§ TASK BRIEF
Where the records below have a line with "abbrev", that line is to be copied.

§ DATA
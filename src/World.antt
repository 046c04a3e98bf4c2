-- ===== src/World.antt =====
-- The state that the handlers of app/main.py share, one request's view of the database, and what
-- the handlers take as given: settings, the chunk store, the queue, and SHA-256.
use Prim.Native.String.{String}
use distributed_file_service.Prelude.{
  Bool, List, Option, [], if◌then◌else◌, none, some, ℕ, ◌++◌, ◌∷◌,
}
use distributed_file_service.Text.{Bytes, Text}
use distributed_file_service.Exec.{Error, Exec, ok, pure, raised, unhandled, zoom}
use distributed_file_service.Config.{Settings}
use distributed_file_service.Models.{Db, UploadStatus, constraints_hold}
use distributed_file_service.Json.{Scalar, dumps}
use distributed_file_service.Limits.{Limiter}
use distributed_file_service.Worker.{BackpressureExecutor}
use distributed_file_service.Storage.{ChunkStorage}
use distributed_file_service.DurableQueue.{DurableQueue, Results}

pub record AuthUser : Type 0 where
  pub user_id : Text
  pub api_key : Text
  pub is_admin : Bool

pub record Metrics : Type 0 where
  pub retries_total : ℕ
  pub chunk_upload_failures_total : ℕ
  pub chunks_uploaded_total : ℕ
  pub bytes_uploaded_total : ℕ

-- An audit line. The ids of the request and the trace are left out.
pub record AuditEvent : Type 0 where
  pub action : String
  pub upload_id : Text
  pub user_id : Text
  pub status : UploadStatus
  pub flag : Bool

pub record World (St Q : Type 0) : Type 0 where
  pub db : Db
  pub session : Db
  pub store : St
  pub queue : Q
  pub results : Results
  pub limiter : Limiter
  pub executor : BackpressureExecutor
  pub now : ℕ
  pub metrics : Metrics
  pub audit : List AuditEvent

pub record Service (St Q : Type 0) : Type 0 where
  pub config : Settings
  pub storage : ChunkStorage St
  pub durable_queue : DurableQueue Q
  pub sha256 : Bytes → Text

-- `_fingerprint`.
unfoldable pub fingerprint : {St Q : Type 0} → Service St Q → List (Text × Scalar) → Text
fingerprint v obj = v.sha256 (dumps obj)

abbrev pub integrity_error : Error
integrity_error = unhandled "IntegrityError"

module _ {St Q : Type 0} where
  -- `get_db`: each request has a new session, closed at its end.
  abbrev pub open_session : World St Q → World St Q
  open_session w = record w { session = w.db }

  unfoldable pub flush : Exec (World St Q) Unit
  flush w = if constraints_hold w.session then (ok tt, w) else (raised integrity_error, w)

  unfoldable pub commit : Exec (World St Q) Unit
  commit w =
      if constraints_hold w.session
      then (ok tt, record w { db = w.session })
      else (raised integrity_error, w)

  abbrev pub rollback : World St Q → World St Q
  rollback w = record w { session = w.db }

  abbrev pub in_session : (Db → Db) → World St Q → World St Q
  in_session f w = record w { session = f w.session }

  abbrev pub in_store : {A : Type 0} → Exec St A → Exec (World St Q) A
  in_store = zoom (λ w. w.store) (λ s w. record w { store = s })

  abbrev pub audit_event : AuditEvent → World St Q → World St Q
  audit_event e w = record w { audit = w.audit ++ e ∷ [] }

-- `raise exc if found is None`.
abbrev pub or_raise : {S A : Type 0} → Option A → Error → Exec S A
or_raise none e s = (raised e, s)
or_raise (some a) e s = (ok a, s)

-- A stored answer, or else the work.
abbrev pub or_run : {S A : Type 0} → Option A → Exec S A → Exec S A
or_run none work = work
or_run (some response) work = pure response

§ OUTPUT FOR THIS TASK
abbrev pub integrity_error : Error
  abbrev pub open_session : World St Q → World St Q
  abbrev pub rollback : World St Q → World St Q
  abbrev pub in_session : (Db → Db) → World St Q → World St Q
  abbrev pub in_store : {A : Type 0} → Exec St A → Exec (World St Q) A
  abbrev pub audit_event : AuditEvent → World St Q → World St Q
abbrev pub or_raise : {S A : Type 0} → Option A → Error → Exec S A
abbrev pub or_run : {S A : Type 0} → Option A → Exec S A → Exec S A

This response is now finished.